■ **Task directions**
Check every line below for the string "done". Copy the ones that have it.

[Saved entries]

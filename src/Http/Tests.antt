-- ===== src/Http/Tests.antt =====
-- The theorems on scanning, framing and bodies, at concrete messages.
use remotedev.Base.{
  some, ◌+◌, ◌-◌, ◌*◌, ◌^◌, ◌≡◌, refl, true, false, not, ◌&&◌, none, List, Bytes, [], ◌∷◌, ◌++◌,
  length, take, flatten, leb, if◌then◌else◌, arith,
}
use remotedev.Http.Chars.{unhex, is_digit}
use remotedev.Http.Scan.{ok, found, missing, find_eom, find_eom_at, parse_dec, dec_loop, parse_hex}
use remotedev.Http.Scan.Eom.{IsEnd, find_eom-IsEnd}
use remotedev.Http.Scan.Numbers.{Stops, dec_value, parse_dec-dec_value}
use remotedev.Http.Scan.Hex.{
  HexDigit, StopsHex, chars, hex_value, parse_hex-hex_value, parse_hex_wraps,
}
use remotedev.Http.Parser.{
  Parser, Flags, header, body, complete, Derived, do_header_response, is_keep_alive,
}
use remotedev.Http.Parser.Framing.{until_close, response_framing, is_keep_alive-response}
use remotedev.Http.Parser.Body.{IsRecording, feed_body, feed_body_lem}

-- `a: b`, in a buffer that ends within the end of the header.
abbrev partial : Bytes
partial = b'a' ∷ b':' ∷ b' ' ∷ b'b' ∷ b'\r' ∷ b'\n' ∷ []

abbrev whole : Bytes
whole = partial ++ (b'\r' ∷ b'\n' ∷ b'x' ∷ [])

partial_missing : find_eom partial ≡ missing
unfolding find_eom find_eom_at
partial_missing = refl

whole_found : find_eom whole ≡ found 8
unfolding find_eom find_eom_at
whole_found = refl

find_eom-IsEnd_example : IsEnd whole 8
find_eom-IsEnd_example = find_eom-IsEnd whole {n = 8} whole_found

abbrev line_end : Bytes
line_end = b'\r' ∷ b'\n' ∷ []

line_end-Stops : Stops line_end
unfolding is_digit
line_end-Stops = record { head = b'\r'; tail = b'\n' ∷ []; begins = refl; no_digit = refl }

parse_dec-dec_value_example :
    parse_dec 2 (b'4' ∷ ((b'2' ∷ []) ++ line_end)) ≡ ok (dec_value 0 (b'4' ∷ b'2' ∷ [])) line_end
parse_dec-dec_value_example =
    parse_dec-dec_value b'4' (b'2' ∷ []) line_end (ground arith) line_end-Stops (omega arith)

abbrev forty_two : Bytes
forty_two = b'4' ∷ b'2' ∷ []

parses : parse_dec 2 (forty_two ++ line_end) ≡ ok 42 line_end
unfolding parse_dec dec_loop is_digit
parses = refl

line_end-StopsHex : StopsHex line_end
unfolding unhex
line_end-StopsHex = record { head = b'\r'; tail = b'\n' ∷ []; begins = refl; no_digit = refl }

digit_0 : HexDigit
unfolding unhex
digit_0 = record { char = b'0'; value = 0; is_hex = refl }

digit_1 : HexDigit
unfolding unhex
digit_1 = record { char = b'1'; value = 1; is_hex = refl }

digit_f : HexDigit
unfolding unhex
digit_f = record { char = b'f'; value = 15; is_hex = refl }

parse_hex-hex_value_example :
    parse_hex (chars (digit_1 ∷ digit_f ∷ []) ++ line_end)
    ≡ ok (hex_value 0 (digit_1 ∷ digit_f ∷ [])) line_end
unfolding digit_1 digit_f
parse_hex-hex_value_example =
    parse_hex-hex_value digit_1 (digit_f ∷ []) line_end line_end-StopsHex (omega arith)
      (omega arith)

-- `1fffffffffffffff`, with an `f` behind it.
abbrev long_size : List HexDigit
long_size =
    digit_f ∷ digit_f ∷ digit_f ∷ digit_f ∷ digit_f ∷ digit_f ∷ digit_f ∷ digit_f ∷ digit_f
    ∷ digit_f ∷ digit_f ∷ digit_f ∷ digit_f ∷ digit_f ∷ digit_f ∷ []

parse_hex_wraps_example :
    parse_hex (chars (digit_1 ∷ long_size) ++ (digit_f.char ∷ line_end))
    ≡ ok (16 * hex_value 0 (digit_1 ∷ long_size) + digit_f.value - 2 ^ 64) line_end
unfolding digit_1 digit_f
parse_hex_wraps_example =
    parse_hex_wraps digit_1 long_size digit_f line_end line_end-StopsHex (omega arith) (omega arith)
      (omega arith) (omega arith)

-- A message with a Content-Length of 5, in HTTP/1.1.
abbrev flags : Flags
flags = record {
  skip_body = false;
  on_body = false;
  got_some = true;
  has_body = false;
  http11 = true;
  need_eof = false;
  expect_crlf = false;
  final_chunk = false;
  connection_close = false;
  connection_upgrade = false;
  connection_keep_alive = false;
  content_length = true;
  chunked = false;
  upgrade = false;
}

abbrev parser : Parser
parser = record {
  len = 5;
  buf = 7 ∷ 7 ∷ 7 ∷ 7 ∷ [];
  buf_len = 4;
  skip = 0;
  x = 0;
  f = flags;
  state = header;
  ext = [];
  body_view = [];
}

is_keep_alive-response_example :
    is_keep_alive (do_header_response 200 parser)
    ≡ some (
        (if parser.f.http11 then not parser.f.connection_close else parser.f.connection_keep_alive)
        && (elim (response_framing 200 parser) [ until_close ↦ false | _ ↦ true ]))
is_keep_alive-response_example = is_keep_alive-response 200 parser refl

-- A derived class that keeps the body.
abbrev keeping : Derived Bytes
keeping = record {
  on_body_length = λ n d. (d, none);
  on_body = λ d. (d, none);
  on_data = λ b d. (d ++ b, none);
  on_complete = λ d. (d, none);
}

keeping_records : IsRecording keeping (λ d. d)
keeping_records = record {
  data_taken = λ b d. refl;
  data_logged = λ b d. refl;
  complete_taken = λ d. refl;
  complete_logged = λ d. refl;
}

abbrev in_body : Parser
in_body = record parser { state = body }

abbrev pieces : List Bytes
pieces = (1 ∷ 2 ∷ 3 ∷ []) ∷ (4 ∷ 5 ∷ []) ∷ (6 ∷ []) ∷ []

feed_body_lem_example :
    ((feed_body keeping pieces in_body []).0.state
      ≡ (if leb 5 (length (flatten pieces)) then complete else body))
    × ((feed_body keeping pieces in_body []).0.len ≡ 5 - length (flatten pieces))
    × ((feed_body keeping pieces in_body []).1 ≡ [] ++ take 5 (flatten pieces))
feed_body_lem_example =
    feed_body_lem keeping (λ d. d) keeping_records pieces in_body [] refl (omega arith)
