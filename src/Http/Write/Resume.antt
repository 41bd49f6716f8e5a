-- ===== src/Http/Write/Resume.antt =====
-- A header that is written in pieces.
use remotedev.Base.{
  ℕ, ◌≡◌, refl, sym, ap, ◌∙◌, Bool, true, [], ◌∷◌, ◌++◌, Bytes, length, ltb, arith,
}
use remotedev.Http.Scan.Eom.Prefix.{IsPart}
use remotedev.Http.Parser.{Parser, header}
use remotedev.Http.Outcome.{done, Receiver, leave}
use remotedev.Http.Header.{Side, parse_header}
use remotedev.Http.Header.Resume.{
  Resumes, Same, Same-refl, parse_header_short, Waits, parse_header-Waits,
}
use remotedev.Http.Write.{do_write, write_in, got_some_if}

module _ {D : Type 0} (impl : Receiver D) where
  -- What `do_write` leaves where the header goes on behind the octets.
  pub record WritesPart (side : Side) (xs : Bytes) (p : Parser) (d : D) : Type 0 where
    pub waits : (do_write impl side xs p d).outcome ≡ done 0
    pub unchanged : (do_write impl side xs p d).derived_state ≡ d
    pub in_header : (do_write impl side xs p d).parser.state ≡ header
    pub resumes : Resumes xs (do_write impl side xs p d).parser
    pub same :
        (ys : Bytes)
        → Same
            (do_write impl side (xs ++ ys) (do_write impl side xs p d).parser d)
            (do_write impl side (xs ++ ys) p d)

  do_write-header :
      (side : Side) (xs : Bytes) (p : Parser) (d : D)
      → p.state ≡ header
      → do_write impl side xs p d ≡ parse_header impl side xs (got_some_if (ltb 0 (length xs)) p) d
  unfolding do_write write_in
  do_write-header side xs p d h = rw h refl

  do_write_empty :
      (side : Side) (p : Parser) (d : D)
      → p.state ≡ header
      → do_write impl side [] p d ≡ leave (done 0) p d
  unfolding got_some_if
  do_write_empty side p d h =
      do_write-header side [] p d h ∙ parse_header_short impl side [] p d (omega arith)

  do_write_some :
      (side : Side) (x : ℕ) (xs : Bytes) (p : Parser) (d : D)
      → p.state ≡ header
      → do_write impl side (x ∷ xs) p d ≡ parse_header impl side (x ∷ xs) (got_some_if true p) d
  do_write_some side x xs p d h =
      let t : ltb 0 (length (x ∷ xs)) ≡ true = ground arith in
      do_write-header side (x ∷ xs) p d h
      ∙ ap (λ (b : Bool). parse_header impl side (x ∷ xs) (got_some_if b p) d) t

  got_some_again :
      (p q : Parser) → q ≡ record (got_some_if true p) { skip = q.skip } → got_some_if true q ≡ q
  unfolding got_some_if
  got_some_again p q e = ap (got_some_if true) e ∙ sym e

  -- In the state of a header, with a search that goes on from a place from which it finds what a search
  -- from the start finds: `do_write` on octets in which the header does not end returns none used,
  -- calls no function of the derived class, and leaves the parser in a header with such a place for
  -- the search; a call on the same octets with more behind them then has the same outcome and the
  -- same calls as from the parser before, and leaves the same parser but for that place.
  pub do_write-WritesPart :
      (side : Side) (xs : Bytes) (p : Parser) (d : D)
      → p.state ≡ header
      → Resumes xs p
      → IsPart xs
      → WritesPart side xs p d
  do_write-WritesPart side [] p d h r i =
      let e = do_write_empty side p d h in
      record {
        waits = rw e refl;
        unchanged = rw e refl;
        in_header = rw e h;
        resumes = rw e r;
        same = λ ys. rw e (Same-refl _);
      }
  do_write-WritesPart side (x ∷ xs) p d h r i =
      let q : Parser = got_some_if true p in
      let e = do_write_some side x xs p d h in
      let w : Waits impl side (x ∷ xs) q d =
        parse_header-Waits impl side (x ∷ xs) q d (unfold got_some_if in r) i in
      let k : (parse_header impl side (x ∷ xs) q d).parser.state ≡ header =
        ap (λ (q : Parser). q.state) w.keeps ∙ (unfold got_some_if in h) in
      record {
        waits = rw e w.waits;
        unchanged = rw e w.unchanged;
        in_header = rw e k;
        resumes = rw e w.resumes;
        same = λ ys.
            rw
              (
                e,
                do_write_some side x (xs ++ ys) (parse_header impl side (x ∷ xs) q d).parser d k,
                do_write_some side x (xs ++ ys) p d h,
                got_some_again p _ w.keeps,
              )
              (w.same ys);
      }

■ **Exercise response**
use remotedev.Http.Outcome.{done, Receiver, leave}
    pub waits : (do_write impl side xs p d).outcome ≡ done 0
      → do_write impl side [] p d ≡ leave (done 0) p d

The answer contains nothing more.